Pasar di Amerika Serikat, Eropa, Cina, dan kawasan Asia Pasifik mengalami pergolakan besar selama beberapa bulan terakhir. Mungkin sepertinya tidak ada akhir dalam pertanda konfrontasi antara negara adikuasa ini, muncul laporan bahwa situasinya masih bisa membaik.
Faktanya, laporan-laporan itu juga menyatakan bahwa seorang utusan perdagangan Amerika Serikat bisa segera tiba di Cina, untuk membicarakan rincian kesepakatan perdagangan baru. Karena kemungkinan mencairnya ketegangan, stok di Kawasan Asia Pasifik juga mulai meningkat. Saham dibuka lebih tinggi pada hari Rabu di APAC, dan sebagian besar indeks yang melacak saham di wilayah tersebut berada di zona hijau.
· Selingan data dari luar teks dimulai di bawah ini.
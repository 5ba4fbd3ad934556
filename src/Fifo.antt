-- ===== src/Fifo.antt =====
-- SP_HW/SP_HW8/44-7: the experiments of server.c, which reads, and client.c, which writes, over one FIFO
-- with the documented behaviour of its calls. Each program makes the next of its calls in a step of its own.
pub mod Told
pub mod Entering
pub mod Leaving
pub mod Reports
use sp_hw.Base.{
  ℕ, ◌≡◌, Bool, true, false, List, [], ◌∷◌, ◌++◌, Option, none, some, if◌then◌else◌, ◌==◌, length,
  take, ℤ, pos, negsuc, Bytes, codes, cstr,
}

-- The branches of server.c and of client.c.
pub data ServerJob : Type 0 where
  make_only open_only wait_and_read read_at_once wait_only : ServerJob

pub data ClientJob : Type 0 where
  open_at_once wait_and_close wait_and_write idle : ClientJob

-- By `argc` and the value of `atoi(argv[1])`
unfoldable pub server_job : Option ℤ → ServerJob
server_job none = make_only
server_job (some (negsuc n)) = make_only
server_job (some (pos n)) =
    if n == 1
    then open_only
    else if n == 2
    then wait_and_read
    else if n == 3
    then read_at_once
    else if n == 4
    then wait_only
    else make_only

unfoldable pub client_job : Option ℤ → ClientJob
client_job none = open_at_once
client_job (some (negsuc n)) = idle
client_job (some (pos n)) =
    if n == 1 then wait_and_close else if n == 2 then wait_and_write else idle

-- What a program has printed on stdout when it ends: the `printf` calls of the sources, in their order.
pub data ServerReport : Type 0 where
  nothing told_opened told_no_writer told_empty : ServerReport
  told_read : ℕ → Bytes → ServerReport

pub data ClientReport : Type 0 where
  silent told_no_reader told_broken : ClientReport
  told_wrote : ℕ → ClientReport

-- A `read` without waiting: -1 with another error, bytes, -1 with EAGAIN, and 0 where no writer is left.
pub data Read : Type 0 where
  failed would_block : Read
  got : Bytes → Read

-- Where the server stands: in front of `mkfifo`, behind it, in an `open` that waits for a writer, with the
-- FIFO open, behind its `read` and behind its `printf`, which also has the FIFO open, and at its end with its
-- exit status.
pub data Server : Type 0 where
  server_starting server_ready server_waiting server_opened : Server
  server_read : Read → Server
  server_printed server_ended : ServerReport → ℕ → Server

-- Where the client stands: in front of its `open`, in one that waits for a reader, behind one that has failed
-- with ENXIO, with the FIFO open, behind its `write` and behind its `printf`, with the FIFO open, and at its end.
-- A client without a branch ends in `client_unused`.
pub data Client : Type 0 where
  client_starting client_waiting client_barred client_opened client_unused : Client
  client_wrote client_printed : ClientReport → Client
  client_ended : ClientReport → ℕ → Client

-- The two programs, whether the FIFO is there, and what is in it.
pub data State : Type 0 where
  state : Server → Client → Bool → Bytes → State

-- An `open` lets in the other side, if that waits in its own.
unfoldable pub let_in : Client → Client
let_in client_waiting = client_opened
let_in c = c

unfoldable pub let_in_server : Server → Server
let_in_server server_waiting = server_opened
let_in_server s = s

abbrev pub is_open : Client → Bool
is_open client_opened = true
is_open (client_wrote report) = true
is_open (client_printed report) = true
is_open _ = false

-- The read end is open, also in an `open` that still waits for a writer.
abbrev pub has_reader : Server → Bool
has_reader server_waiting = true
has_reader server_opened = true
has_reader (server_read r) = true
has_reader (server_printed report status) = true
has_reader _ = false

-- A blocking `open` for reading goes on if the write end is open or about to be.
unfoldable pub wait_for_writer : Client → Server
wait_for_writer client_waiting = server_opened
wait_for_writer c = if is_open c then server_opened else server_waiting

unfoldable pub read_fifo : Bool → Client → Bytes → Read
read_fifo false c content = failed
read_fifo true c [] = if is_open c then would_block else got []
read_fifo true c (x ∷ content) = got (take 1023 (x ∷ content))

-- The tests behind the `read`, and the string that is printed.
unfoldable pub after_read : Read → Server
unfolding cstr
after_read failed = server_printed nothing 1
after_read would_block = server_printed told_no_writer 1
after_read (got []) = server_printed told_empty 1
after_read (got (x ∷ text)) = server_printed (told_read (length (x ∷ text)) (cstr (x ∷ text))) 0

-- The `open` of the server, by the branch. `ok` is whether the call succeeds.
unfoldable pub open_server : ServerJob → Bool → Client → Bool → Bytes → State
unfolding let_in wait_for_writer
open_server make_only ok c made content = state (server_ended nothing 0) c made content
open_server job false c made content = state (server_ended nothing 1) c made content
open_server open_only true c made content = state server_opened (let_in c) made content
open_server read_at_once true c made content = state server_opened (let_in c) made content
open_server wait_and_read true c made content = state (wait_for_writer c) (let_in c) made content
open_server wait_only true c made content = state (wait_for_writer c) (let_in c) made content

-- With the FIFO open: the `read` or the `printf` of the branches that have one, or the end.
unfoldable pub finish_server : ServerJob → Bool → Client → Bytes → Server
unfolding read_fifo
finish_server make_only ok c content = server_ended nothing 0
finish_server open_only ok c content = server_printed told_opened 0
finish_server wait_only ok c content = server_ended nothing 0
finish_server wait_and_read ok c content = server_read (read_fifo ok c content)
finish_server read_at_once ok c content = server_read (read_fifo ok c content)

-- The next call of the server, none if it waits or has ended. A FIFO that is there already is as good as a
-- new one; and there is one `read` at most, so that what it takes away is not read again.
unfoldable pub server_step : ServerJob → Bool → State → Option State
unfolding open_server finish_server after_read
server_step job true (state server_starting c made content) =
    some (state server_ready c true content)
server_step job false (state server_starting c made content) =
    some (state (server_ended nothing 1) c made content)
server_step job ok (state server_ready c made content) = some (open_server job ok c made content)
server_step job ok (state server_waiting c made content) = none
server_step job ok (state server_opened c made content) =
    some (state (finish_server job ok c content) c made content)
server_step job ok (state (server_read r) c made content) =
    some (state (after_read r) c made content)
server_step job ok (state (server_printed report status) c made content) =
    some (state (server_ended report status) c made content)
server_step job ok (state (server_ended report status) c made content) = none

abbrev pub message : Bytes
message = codes "Hello from server!"

-- A blocking `open` for writing goes on if the read end is open or about to be; one with O_NONBLOCK fails
-- with ENXIO if it is not.
unfoldable pub wait_for_reader : Server → Client
wait_for_reader s = if has_reader s then client_opened else client_waiting

unfoldable pub open_if_reader : Server → Client
open_if_reader s = if has_reader s then client_opened else client_barred

unfoldable pub open_by_job : ClientJob → Server → Client
unfolding wait_for_reader open_if_reader
open_by_job idle s = client_unused
open_by_job open_at_once s = open_if_reader s
open_by_job wait_and_close s = wait_for_reader s
open_by_job wait_and_write s = wait_for_reader s

-- The `open` of the client fails where there is no FIFO, and may fail otherwise.
unfoldable pub open_client : ClientJob → Bool → Server → Bool → Bytes → State
unfolding open_by_job let_in_server
open_client idle ok s made content = state s client_unused made content
open_client job false s made content = state s (client_ended silent 1) made content
open_client job true s false content = state s (client_ended silent 1) false content
open_client job true s true content = state (let_in_server s) (open_by_job job s) true content

-- The `write`, to a reader that has the FIFO open or, with EPIPE, to none.
unfoldable pub write_message : Bool → Server → Bool → Bytes → State
write_message false s made content = state s (client_wrote silent) made content
write_message true s made content =
    if has_reader s
    then state s (client_wrote (told_wrote (length message))) made (content ++ message)
    else state s (client_wrote told_broken) made content

unfoldable pub finish_client : ClientJob → Bool → Server → Bool → Bytes → State
unfolding write_message
finish_client wait_and_write ok s made content = write_message ok s made content
finish_client job ok s made content = state s (client_ended silent 0) made content

unfoldable pub client_step : ClientJob → Bool → State → Option State
unfolding open_client finish_client
client_step job ok (state s client_starting made content) = some (open_client job ok s made content)
client_step job ok (state s client_waiting made content) = none
client_step job ok (state s client_opened made content) = some (finish_client job ok s made content)
client_step job ok (state s client_barred made content) =
    some (state s (client_ended told_no_reader 1) made content)
client_step job ok (state s (client_wrote report) made content) =
    some (state s (client_printed report) made content)
client_step job ok (state s (client_printed report) made content) =
    some (state s (client_ended report 0) made content)
client_step job ok (state s client_unused made content) = none
client_step job ok (state s (client_ended report status) made content) = none

-- The two programs in any order, each call with success or without.
pub data Reach (sj : ServerJob) (cj : ClientJob) (s : State) : State → Type 0 where
  here : Reach sj cj s s
  by_server :
      {t u : State} (ok : Bool) → Reach sj cj s t → server_step sj ok t ≡ some u → Reach sj cj s u
  by_client :
      {t u : State} (ok : Bool) → Reach sj cj s t → client_step cj ok t ≡ some u → Reach sj cj s u

-- Both in front of their first calls, with a FIFO of an earlier run or without.
abbrev pub initial : Bool → State
initial made = state server_starting client_starting made []

abbrev pub server_of : State → Server
server_of (state s c made content) = s

abbrev pub client_of : State → Client
client_of (state s c made content) = c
Berita Bloomberg yang menyatakan bahwa pejabat dari Amerika Serikat akan mengadakan pertemuan dengan rekan-rekan mereka di China yang telah mendukung pergerakan pasar secara global. Setelah berita itu pecah kemarin, indeks di Wall Street mencapai rekor tertinggi karena optimisme tumbuh di kalangan investor bahwa perang dagang mungkin akan berakhir setelah berbulan-bulan perdebatan antara kedua negara.
Ada hal penting untuk dicatat bahwa kemungkinan penurunan suku bunga oleh Bank Sentral Eropa minggu ini dan Federal Reserve Amerika Serikat menjelang akhir bulan juga merupakan pemicu utama.
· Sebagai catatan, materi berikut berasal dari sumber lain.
-- ===== src/Fifo/Told.antt =====
-- What the programs of 44-7 report, against what has happened on the FIFO: the steps of the server.
use sp_hw.Base.{
  some-inj, ℕ, ◌≡◌, ◌≢◌, refl, sym, ap, subst, ◌∙◌, Bool, true, false, ◌⊎◌, inl, inr, [], ◌∷◌, some,
  ◌==◌, Bool-cases, length, Bytes, cstr,
}
use sp_hw.Fifo.{
  ServerJob, make_only, open_only, wait_and_read, read_at_once, wait_only, ServerReport, nothing,
  told_opened, told_no_writer, told_empty, told_read, ClientReport, told_wrote, Read, failed,
  would_block, got, Server, server_starting, server_ready, server_waiting, server_opened,
  server_read, server_printed, server_ended, Client, client_starting, client_waiting, client_barred,
  client_opened, client_unused, client_wrote, client_printed, client_ended, State, state, let_in,
  is_open, wait_for_writer, read_fifo, after_read, open_server, finish_server, server_step, message,
}

-- Whether the client has opened the FIFO: it has it open, or has ended with success behind its `open`.
abbrev pub has_opened : Client → Bool
has_opened client_opened = true
has_opened (client_wrote report) = true
has_opened (client_printed report) = true
has_opened (client_ended report status) = status == 0
has_opened _ = false

-- Whether it has closed it again.
abbrev pub has_closed : Client → Bool
has_closed (client_ended report status) = status == 0
has_closed _ = false

abbrev pub is_written : ClientReport → Bool
is_written (told_wrote n) = true
is_written _ = false

-- Whether its `write` has put the message into the FIFO.
abbrev pub has_written : Client → Bool
has_written (client_wrote report) = is_written report
has_written (client_printed report) = is_written report
has_written (client_ended report status) = is_written report
has_written _ = false

-- The branches of the server that wait for a writer.
abbrev pub waits : ServerJob → Bool
waits wait_and_read = true
waits wait_only = true
waits _ = false

-- What a `read` says of the client.
abbrev pub IsRead : ServerJob → Read → Client → Type 0
IsRead sj failed c = Unit
IsRead sj would_block c = has_opened c ≡ true
IsRead sj (got []) c = (waits sj ≡ false) ⊎ (has_closed c ≡ true)
IsRead sj (got (x ∷ text)) c = (x ∷ text ≡ message) × (has_written c ≡ true)

-- What a report says of the client.
abbrev pub IsReport : ServerJob → ServerReport → Client → Type 0
IsReport sj nothing c = Unit
IsReport sj told_opened c = Unit
IsReport sj told_no_writer c = has_opened c ≡ true
IsReport sj told_empty c = (waits sj ≡ false) ⊎ (has_closed c ≡ true)
IsReport sj (told_read n text) c = (n ≡ length message) × (text ≡ message) × (has_written c ≡ true)

abbrev pub IsTold : ServerJob → Server → Client → Type 0
IsTold sj server_starting c = has_opened c ≡ false
IsTold sj server_ready c = has_opened c ≡ false
IsTold sj server_waiting c = has_opened c ≡ false
IsTold sj server_opened c = (waits sj ≡ false) ⊎ (has_opened c ≡ true)
IsTold sj (server_read r) c = IsRead sj r c
IsTold sj (server_printed report status) c = IsReport sj report c
IsTold sj (server_ended report status) c = IsReport sj report c

-- The FIFO has got nothing, or the message of the client.
abbrev pub IsContent : Client → Bytes → Type 0
IsContent c content = (content ≡ []) ⊎ ((content ≡ message) × (has_written c ≡ true))

abbrev pub Inv : ServerJob → State → Type 0
Inv sj (state s c made content) = IsTold sj s c × IsContent c content

not_nil : (x : ℕ) (content : Bytes) → x ∷ content ≢ []
not_nil x content e = cc

-- A client that has opened the FIFO and does not have it open has closed it.
open_or_closed : (c : Client) → is_open c ≡ false → has_opened c ≡ true → has_closed c ≡ true
open_or_closed client_opened n o = absurd (cc n)
open_or_closed (client_wrote report) n o = absurd (cc n)
open_or_closed (client_printed report) n o = absurd (cc n)
open_or_closed (client_ended report status) n o = o
open_or_closed client_starting n o = absurd (cc o)
open_or_closed client_waiting n o = absurd (cc o)
open_or_closed client_barred n o = absurd (cc o)
open_or_closed client_unused n o = absurd (cc o)

open-has_opened : (c : Client) → is_open c ≡ true → has_opened c ≡ true
open-has_opened client_opened o = refl
open-has_opened (client_wrote report) o = refl
open-has_opened (client_printed report) o = refl
open-has_opened (client_ended report status) o = absurd (cc o)
open-has_opened client_starting o = absurd (cc o)
open-has_opened client_waiting o = absurd (cc o)
open-has_opened client_barred o = absurd (cc o)
open-has_opened client_unused o = absurd (cc o)

message-IsRead :
    (sj : ServerJob) (c : Client) → has_written c ≡ true → IsRead sj (read_fifo true c message) c
unfolding read_fifo
message-IsRead sj c w = (refl, w)

read_fifo-IsRead :
    (sj : ServerJob) (ok : Bool) (c : Client) (content : Bytes)
    → IsTold sj server_opened c
    → IsContent c content
    → IsRead sj (read_fifo ok c content) c
unfolding read_fifo
read_fifo-IsRead sj false c content t h = tt
read_fifo-IsRead sj true c [] t h = elim (Bool-cases (is_open c)) [
  | inl o ↦ rw o (open-has_opened c o)
  | inr n ↦ rw n (elim t [ inl e ↦ inl e | inr o ↦ inr (open_or_closed c n o) ])
]
read_fifo-IsRead sj true c (x ∷ content) t (inl e) = absurd (not_nil x content e)
read_fifo-IsRead sj true c (x ∷ content) t (inr (e, w)) =
    subst (λ bytes. IsRead sj (read_fifo true c bytes) c) (sym e) (message-IsRead sj c w)

finish_server-IsTold :
    (sj : ServerJob) (ok : Bool) (c : Client) (content : Bytes)
    → IsTold sj server_opened c
    → IsContent c content
    → IsTold sj (finish_server sj ok c content) c
unfolding finish_server
finish_server-IsTold make_only ok c content t h = tt
finish_server-IsTold open_only ok c content t h = tt
finish_server-IsTold wait_only ok c content t h = tt
finish_server-IsTold wait_and_read ok c content t h =
    read_fifo-IsRead wait_and_read ok c content t h
finish_server-IsTold read_at_once ok c content t h = read_fifo-IsRead read_at_once ok c content t h

cstr-message : cstr message ≡ message
unfolding cstr
cstr-message = refl

after_read-IsTold :
    (sj : ServerJob) (r : Read) (c : Client) → IsRead sj r c → IsTold sj (after_read r) c
unfolding after_read
after_read-IsTold sj failed c h = tt
after_read-IsTold sj would_block c h = h
after_read-IsTold sj (got []) c h = h
after_read-IsTold sj (got (x ∷ text)) c h = (ap length (h.0), ap cstr (h.0) ∙ cstr-message, h.1)

let_in-IsContent :
    (c : Client) (content : Bytes) → IsContent c content → IsContent (let_in c) content
unfolding let_in
let_in-IsContent client_waiting content h = elim h [ inl e ↦ inl e | inr (e, w) ↦ absurd (cc w) ]
let_in-IsContent client_starting content h = h
let_in-IsContent client_barred content h = h
let_in-IsContent client_opened content h = h
let_in-IsContent client_unused content h = h
let_in-IsContent (client_wrote report) content h = h
let_in-IsContent (client_printed report) content h = h
let_in-IsContent (client_ended report status) content h = h

wait_for_writer-IsTold :
    (sj : ServerJob) (c : Client) → has_opened c ≡ false → IsTold sj (wait_for_writer c) (let_in c)
unfolding wait_for_writer let_in
wait_for_writer-IsTold sj client_waiting h = inr refl
wait_for_writer-IsTold sj client_starting h = refl
wait_for_writer-IsTold sj client_barred h = refl
wait_for_writer-IsTold sj client_unused h = refl
wait_for_writer-IsTold sj client_opened h = inr refl
wait_for_writer-IsTold sj (client_wrote report) h = inr refl
wait_for_writer-IsTold sj (client_printed report) h = inr refl
wait_for_writer-IsTold sj (client_ended report status) h = h

open_server-Inv :
    (sj : ServerJob) (ok : Bool) (c : Client) (made : Bool) (content : Bytes)
    → has_opened c ≡ false
    → IsContent c content
    → Inv sj (open_server sj ok c made content)
unfolding open_server
open_server-Inv make_only ok c made content h k = (tt, k)
open_server-Inv open_only false c made content h k = (tt, k)
open_server-Inv wait_and_read false c made content h k = (tt, k)
open_server-Inv read_at_once false c made content h k = (tt, k)
open_server-Inv wait_only false c made content h k = (tt, k)
open_server-Inv open_only true c made content h k = (inl refl, let_in-IsContent c content k)
open_server-Inv read_at_once true c made content h k = (inl refl, let_in-IsContent c content k)
open_server-Inv wait_and_read true c made content h k =
    (wait_for_writer-IsTold wait_and_read c h, let_in-IsContent c content k)
open_server-Inv wait_only true c made content h k =
    (wait_for_writer-IsTold wait_only c h, let_in-IsContent c content k)

pub server_step-Inv :
    (sj : ServerJob) (ok : Bool) (t u : State) → Inv sj t → server_step sj ok t ≡ some u → Inv sj u
unfolding server_step
server_step-Inv sj true (state server_starting c made content) u h e = subst (Inv sj) (some-inj e) h
server_step-Inv sj false (state server_starting c made content) u h e =
    subst (Inv sj) (some-inj e) (tt, h.1)
server_step-Inv sj ok (state server_ready c made content) u h e =
    subst (Inv sj) (some-inj e) (open_server-Inv sj ok c made content (h.0) (h.1))
server_step-Inv sj ok (state server_waiting c made content) u h e = absurd (cc e)
server_step-Inv sj ok (state server_opened c made content) u h e =
    subst (Inv sj) (some-inj e) (finish_server-IsTold sj ok c content (h.0) (h.1), h.1)
server_step-Inv sj ok (state (server_read r) c made content) u h e =
    subst (Inv sj) (some-inj e) (after_read-IsTold sj r c (h.0), h.1)
server_step-Inv sj ok (state (server_printed report status) c made content) u h e =
    subst (Inv sj) (some-inj e) h
server_step-Inv sj ok (state (server_ended report status) c made content) u h e = absurd (cc e)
Pertumbuhan global yang teredam telah memaksa banyak bank untuk mempertimbangkan kemungkinan penurunan suku bunga untuk merangsang ekonomi mereka, dan itulah yang diharapkan investor minggu ini. Banyak laporan telah menyatakan bahwa ECB ingin memotong suku bunga sebesar 10 basis poin, sedangkan The Fed mungkin akan memangkas suku bunga sebesar 25 basis poin.